U.S. Stocks Surge in Early Trading; Dow Crosses 21,000 Points

A board above the trading floor of the New York Stock Exchange shows the Dow Jones industrial average above 21,000, Wednesday. (AP Photo/Richard Drew)

U.S. stocks surged in early trading Wednesday, pushing the Dow Jones industrial average above 21,000 points for the first time. Banks and other financial stocks led the gainers amid fresh expectations that interest rates will rise. Energy companies also rose as oil prices headed higher. The rally came a day after President Donald Trump addressed Congress, reiterating plans to cut taxes and push for other business-friendly policies.

The Dow jumped 242 points, or 1.2 percent, to 21,055 as of 10:07 a.m. Eastern Time. The Standard & Poor’s 500 index gained 24 points, or 1 percent, to 2,387. The Nasdaq composite index added 59 points, or 1 percent, to 5,885. Small-company stocks continued to outpace the rest of the market, a bullish signal on the economy. The Russell 2000 index rose 24 points, or 1.7 percent, to 1,410.

In his speech, President Trump struck a less confrontational tone than usual and steered away from dramatically negative descriptions of the state of the U.S. economy. He also reiterated his pledges to reform taxes, slash red tape and ramp up spending on defense and infrastructure projects. The promises have helped send U.S. stock benchmarks to records, but President Trump offered little by way of detail.

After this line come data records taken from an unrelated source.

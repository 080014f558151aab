-- ===== src/Dto/Queries.antt =====
-- src/common/dto/pagination.dto.ts and search.dto.ts: the queries of the lists. The controllers of users and
-- of tenants read the same query twice, as a page and as a filter.
use multi_tenant_saas_gatewa.Common.{
  String, ◌≡◌, ◌≢◌, refl, true, Option, none, some, [], ◌∷◌, leb, get_or, arith,
}
use multi_tenant_saas_gatewa.Http.Pagination.{PaginationQueryDto}
use multi_tenant_saas_gatewa.Controllers.Users.{UserFilterDto}
use multi_tenant_saas_gatewa.Controllers.Tenants.{TenantFilterDto}
use multi_tenant_saas_gatewa.Dto.{
  Validators, Fields, ◌>>=◌, ◌>>◌, guard, whitelisted, optional_string, optional, optional_int,
  text_of, string_type, Holds, Holds-bind, Holds-some, guard_passed, between,
}
use multi_tenant_saas_gatewa.Dto.Users.{user_status_of}
use multi_tenant_saas_gatewa.Dto.Tenants.{tenant_status_of}
use text.Mathlib.TextEquality.{eq_iff}

module _ (V : Validators) (fields : Fields) where
  unfoldable pub pagination_query_dto : Option PaginationQueryDto
  pagination_query_dto = do
    guard (whitelisted ("page" ∷ "limit" ∷ []) fields)
    page ← optional_int V fields "page" (leb 1)
    limit ← optional_int V fields "limit" (between 1 100)
    some (record { page = get_or page 1; limit = get_or limit 20 })

  -- `q` of `SearchQueryDto`.
  abbrev pub search_term : Option (Option String)
  search_term = optional_string V fields "q" (λ s. leb (V.length s) 100)

  unfoldable pub user_filter_dto : Option UserFilterDto
  user_filter_dto = do
    guard (whitelisted ("q" ∷ "status" ∷ []) fields)
    q ← search_term
    status ← optional V fields string_type (λ v. text_of v >>= user_status_of) "status"
    some (record { q = q; status = status })

  unfoldable pub tenant_filter_dto : Option TenantFilterDto
  tenant_filter_dto = do
    guard (whitelisted ("q" ∷ "status" ∷ []) fields)
    q ← search_term
    status ← optional V fields string_type (λ v. text_of v >>= tenant_status_of) "status"
    some (record { q = q; status = status })

-- What the pipe makes of one query for both parameters of a list.
unfoldable pub list_users_query : Validators → Fields → Option (PaginationQueryDto × UserFilterDto)
unfolding pagination_query_dto user_filter_dto
list_users_query V fields = do
  pagination ← pagination_query_dto V fields
  filter ← user_filter_dto V fields
  some (pagination, filter)

unfoldable pub list_tenants_query :
    Validators → Fields → Option (PaginationQueryDto × TenantFilterDto)
unfolding pagination_query_dto tenant_filter_dto
list_tenants_query V fields = do
  pagination ← pagination_query_dto V fields
  filter ← tenant_filter_dto V fields
  some (pagination, filter)

-- No key is allowed by both.
whitelisted_both :
    (fields : Fields)
    → whitelisted ("page" ∷ "limit" ∷ []) fields ≡ true
    → whitelisted ("q" ∷ "status" ∷ []) fields ≡ true
    → fields ≡ []
unfolding whitelisted
whitelisted_both [] pages filters = refl
whitelisted_both ((key, v) ∷ rest) pages filters = absurd (
    ground (
      arith,
      pages,
      filters,
      eq_iff "page" "q",
      eq_iff "page" "status",
      eq_iff "limit" "q",
      eq_iff "limit" "status",
    ))

module _ (V : Validators) (fields : Fields) where
  pagination_query_dto-whitelisted :
      Holds (λ _. whitelisted ("page" ∷ "limit" ∷ []) fields ≡ true) (pagination_query_dto V fields)
  unfolding pagination_query_dto
  pagination_query_dto-whitelisted =
      Holds-bind (guard (whitelisted ("page" ∷ "limit" ∷ []) fields)) _
        λ u passed. let allowed = guard_passed _ u passed in record { apply = λ _ _. allowed }

  user_filter_dto-whitelisted :
      Holds (λ _. whitelisted ("q" ∷ "status" ∷ []) fields ≡ true) (user_filter_dto V fields)
  unfolding user_filter_dto
  user_filter_dto-whitelisted =
      Holds-bind (guard (whitelisted ("q" ∷ "status" ∷ []) fields)) _
        λ u passed. let allowed = guard_passed _ u passed in record { apply = λ _ _. allowed }

  tenant_filter_dto-whitelisted :
      Holds (λ _. whitelisted ("q" ∷ "status" ∷ []) fields ≡ true) (tenant_filter_dto V fields)
  unfolding tenant_filter_dto
  tenant_filter_dto-whitelisted =
      Holds-bind (guard (whitelisted ("q" ∷ "status" ∷ []) fields)) _
        λ u passed. let allowed = guard_passed _ u passed in record { apply = λ _ _. allowed }

-- The page of a query without parameters.
abbrev pub first_page : PaginationQueryDto
first_page = record { page = 1; limit = 20 }

module _ (V : Validators) (fields : Fields) where
  list_users_query_empty : Holds (λ _. fields ≡ []) (list_users_query V fields)
  unfolding list_users_query
  list_users_query_empty = Holds-bind (pagination_query_dto V fields) _ λ p paged.
      Holds-bind (user_filter_dto V fields) _ λ f filtered. Holds-some _ (
        whitelisted_both fields ((pagination_query_dto-whitelisted V fields).apply p paged)
          ((user_filter_dto-whitelisted V fields).apply f filtered))

  list_tenants_query_empty : Holds (λ _. fields ≡ []) (list_tenants_query V fields)
  unfolding list_tenants_query
  list_tenants_query_empty = Holds-bind (pagination_query_dto V fields) _ λ p paged.
      Holds-bind (tenant_filter_dto V fields) _ λ f filtered. Holds-some _ (
        whitelisted_both fields ((pagination_query_dto-whitelisted V fields).apply p paged)
          ((tenant_filter_dto-whitelisted V fields).apply f filtered))

refused_unless : {A P : Type 0} (o : Option A) → ((a : A) → o ≡ some a → P) → ¬ P → o ≡ none
refused_unless none h n = refl
refused_unless (some a) h n = absurd (n (h a refl))

-- A query with any parameter at all is refused by the lists of users and of tenants, and one without
-- parameters asks for the first twenty of all.
pub list_queries_refused :
    (V : Validators) (fields : Fields)
    → fields ≢ []
    → (list_users_query V fields ≡ none)
      × (list_tenants_query V fields ≡ none)
      × (list_users_query V [] ≡ some (first_page, record { q = none; status = none }))
      × (list_tenants_query V [] ≡ some (first_page, record { q = none; status = none }))
unfolding list_users_query list_tenants_query whitelisted ◌>>=◌
list_queries_refused V fields given = (
  refused_unless (list_users_query V fields) (list_users_query_empty V fields).apply given,
  refused_unless (list_tenants_query V fields) (list_tenants_query_empty V fields).apply given,
  refl,
  refl,
)
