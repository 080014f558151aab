-- ===== src/Dto/Slugs.antt =====
-- The pattern of slugs in src/modules/tenants/dto: which texts it accepts.
use multi_tenant_saas_gatewa.Common.{
  String, ◌≡◌, ◌↔◌, refl, sym, ap, ◌∙◌, Bool, true, false, ◌&&◌, List, [], ◌∷◌, all, arith,
  Bool-cases, inl, inr,
}
use multi_tenant_saas_gatewa.Dto.Tenants.{is_slug_char, is_hyphen, slug_from, is_slug}
use Prim.Native.Char.{Char}
use Prim.Native.String
use text.Mathlib.TextEquality.{Char-path}
use text.Mathlib.TextLemmas.{cons-append, nil-append}

-- The words with a hyphen between each two.
unfoldable pub join_hyphens : List String → String
join_hyphens [] = ""
join_hyphens (word ∷ words) = elim words [
  | [] ↦ word
  | ◌∷◌ next rest ↦ String.◌++◌ word (String.◌++◌ "-" (join_hyphens words))
]

-- Lower-case letters and digits only.
unfoldable pub is_alphanumeric : String → Bool
is_alphanumeric String.[] = true
is_alphanumeric (String.◌∷◌ c s) = is_slug_char c && is_alphanumeric s

-- At least one of them.
unfoldable pub is_word : String → Bool
unfolding is_alphanumeric
is_word String.[] = false
is_word (String.◌∷◌ c s) = is_slug_char c && is_alphanumeric s

-- After a first character, the rest of a word and a hyphen.
slug_from-append :
    (w rest : String)
    → is_alphanumeric w ≡ true
    → slug_from true (String.◌++◌ w (String.◌++◌ "-" rest)) ≡ slug_from false rest
unfolding slug_from is_alphanumeric
slug_from-append String.[] rest h =
    rw (nil-append (String.◌++◌ "-" rest), cons-append "-" "" rest, nil-append rest) refl
slug_from-append (String.◌∷◌ c w) rest h =
    let inner = slug_from-append w rest (ground (arith, h)) in
    let plain : is_slug_char c ≡ true = ground (arith, h) in
    rw (cons-append c w (String.◌++◌ "-" rest), plain, inner) refl

slug_from-word : (w : String) → is_alphanumeric w ≡ true → slug_from true w ≡ true
unfolding slug_from is_alphanumeric
slug_from-word String.[] h = refl
slug_from-word (String.◌∷◌ c w) h = ground (arith, h, slug_from-word w)

first_word :
    (w rest : String)
    → is_word w ≡ true
    → slug_from false (String.◌++◌ w (String.◌++◌ "-" rest)) ≡ slug_from false rest
unfolding slug_from is_word
first_word String.[] rest h = absurd (ground (arith, h))
first_word (String.◌∷◌ c w) rest h =
    let inner = slug_from-append w rest (ground (arith, h)) in
    let plain : is_slug_char c ≡ true = ground (arith, h) in
    rw (cons-append c w (String.◌++◌ "-" rest), plain, inner) refl

only_word : (w : String) → is_word w ≡ true → slug_from false w ≡ true
unfolding slug_from is_word
only_word String.[] h = absurd (ground (arith, h))
only_word (String.◌∷◌ c w) h = ground (arith, h, slug_from-word w)

slug_from-join_hyphens :
    (w : String) (words : List String)
    → all is_word (w ∷ words) ≡ true
    → slug_from false (join_hyphens (w ∷ words)) ≡ true
unfolding join_hyphens
slug_from-join_hyphens w [] h = only_word w (ground (arith, h))
slug_from-join_hyphens w (next ∷ rest) h =
    first_word w (join_hyphens (next ∷ rest)) (ground (arith, h))
    ∙ slug_from-join_hyphens next rest (ground (arith, h))

hyphen : (c : Char) → is_hyphen c ≡ true → c ≡ "-"
hyphen c h = Char-path c "-" (ground (arith, h))

join_hyphens-cons :
    (c : Char) (w : String) (words : List String)
    → join_hyphens (String.◌∷◌ c w ∷ words) ≡ String.◌∷◌ c (join_hyphens (w ∷ words))
unfolding join_hyphens
join_hyphens-cons c w [] = refl
join_hyphens-cons c w (next ∷ rest) = cons-append c w (String.◌++◌ "-" (join_hyphens (next ∷ rest)))

join_hyphens-hyphen :
    (w : String) (words : List String)
    → join_hyphens ("" ∷ w ∷ words) ≡ String.◌∷◌ "-" (join_hyphens (w ∷ words))
unfolding join_hyphens
join_hyphens-hyphen w words =
    nil-append (String.◌++◌ "-" (join_hyphens (w ∷ words)))
    ∙ cons-append "-" "" (join_hyphens (w ∷ words))
    ∙ ap (λ s. String.◌∷◌ "-" s) (nil-append (join_hyphens (w ∷ words)))

single : (w : String) → join_hyphens (w ∷ []) ≡ w
unfolding join_hyphens
single w = refl

-- A text read as words, the first of which may go on a word that was started before.
record Words (first : String → Bool) (s : String) : Type 0 where
  word : String
  words : List String
  word_good : first word ≡ true
  words_good : all is_word words ≡ true
  spells : join_hyphens (word ∷ words) ≡ s

-- A character of a word in front.
Words-cons :
    (first : String → Bool) (c : Char) (s : String)
    → ((w : String) → is_alphanumeric w ≡ true → first (String.◌∷◌ c w) ≡ true)
    → Words is_alphanumeric s
    → Words first (String.◌∷◌ c s)
Words-cons first c s good r = record {
  word = String.◌∷◌ c r.word;
  words = r.words;
  word_good = good r.word r.word_good;
  words_good = r.words_good;
  spells = join_hyphens-cons c r.word r.words ∙ ap (λ t. String.◌∷◌ c t) r.spells;
}

-- A hyphen in front, where a word was started before.
Words-hyphen :
    (c : Char) (s : String)
    → is_hyphen c ≡ true
    → Words is_word s
    → Words is_alphanumeric (String.◌∷◌ c s)
unfolding is_alphanumeric
Words-hyphen c s h r = record {
  word = "";
  words = r.word ∷ r.words;
  word_good = refl;
  words_good = ground (arith, r.word_good, r.words_good);
  spells =
      join_hyphens-hyphen r.word r.words
      ∙ ap (λ t. String.◌∷◌ "-" t) r.spells
      ∙ ap (λ d. String.◌∷◌ d s) (sym (hyphen c h));
}

mutual
  unfolding slug_from is_word is_alphanumeric

  within_word : (s : String) → slug_from true s ≡ true → Words is_alphanumeric s
  within_word String.[] h = record {
    word = "";
    words = [];
    word_good = refl;
    words_good = refl;
    spells = single "";
  }
  within_word (String.◌∷◌ c s) h = elim (Bool-cases (is_slug_char c)) [
    | inl plain ↦
        Words-cons is_alphanumeric c s (λ w g. ground (arith, plain, g))
          (within_word s (ground (arith, h, plain)))
    | inr other ↦
        let here : is_hyphen c ≡ true = ground (arith, h, other) in
        Words-hyphen c s here (at_word s (ground (arith, h, other, here)))
  ]

  at_word : (s : String) → slug_from false s ≡ true → Words is_word s
  at_word String.[] h = absurd (ground (arith, h))
  at_word (String.◌∷◌ c s) h = elim (Bool-cases (is_slug_char c)) [
    | inl plain ↦
        Words-cons is_word c s (λ w g. ground (arith, plain, g))
          (within_word s (ground (arith, h, plain)))
    | inr other ↦ absurd (ground (arith, h, other))
  ]

-- The pattern accepts exactly the texts that are words of lower-case letters and digits, at least one
-- word and none of them empty, with one hyphen between each two.
pub is_slug-join_hyphens :
    (s : String)
    → (is_slug s ≡ true) ↔ (
        (word : String) × (words : List String) × (all is_word (word ∷ words) ≡ true)
        × (join_hyphens (word ∷ words) ≡ s))
unfolding is_slug
is_slug-join_hyphens s = (
  λ h.
      let r = at_word s h in (r.word, r.words, ground (arith, r.word_good, r.words_good), r.spells),
  λ (word, words, good, spells).
      ap (slug_from false) (sym spells) ∙ slug_from-join_hyphens word words good,
)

Investors bid up bank shares in anticipation that interest rates will rise. JPMorgan Chase climbed $2.61, or 2.9 percent, to $93.24. Goldman Sachs rose $6.81, or 2.8 percent, to $254.90.

In Europe, Germany’s DAX was up 1.4 percent, while France’s CAC 40 was 1.6 percent higher. Britain’s FTSE 100 was up 1.1 percent. Earlier in Asia, Japan’s benchmark Nikkei 225 gained 1.4 percent, while Australia’s S&P/ASX 200 slipped 0.1 percent. Hong Kong’s Hang Seng added 0.2 percent. South Korea’s markets were closed for a holiday.

Benchmark U.S. crude was up 29 cents, or 0.5 percent, at $54.30 a barrel in New York. Brent crude, which is used to price international oils, was up 26 cents, or 0.5 percent, at $56.77 a barrel in London.

Bond prices fell and yields rose after a key Federal Reserve official, New York Fed President William Dudley, said the case for raising interest rates had gotten stronger. The 10-year Treasury yield rose to 2.46 percent from 2.40 percent late Tuesday.

The dollar rose to 113.92 yen from Tuesday’s 112.17 yen. The euro slipped to $1.0533 from $1.0597.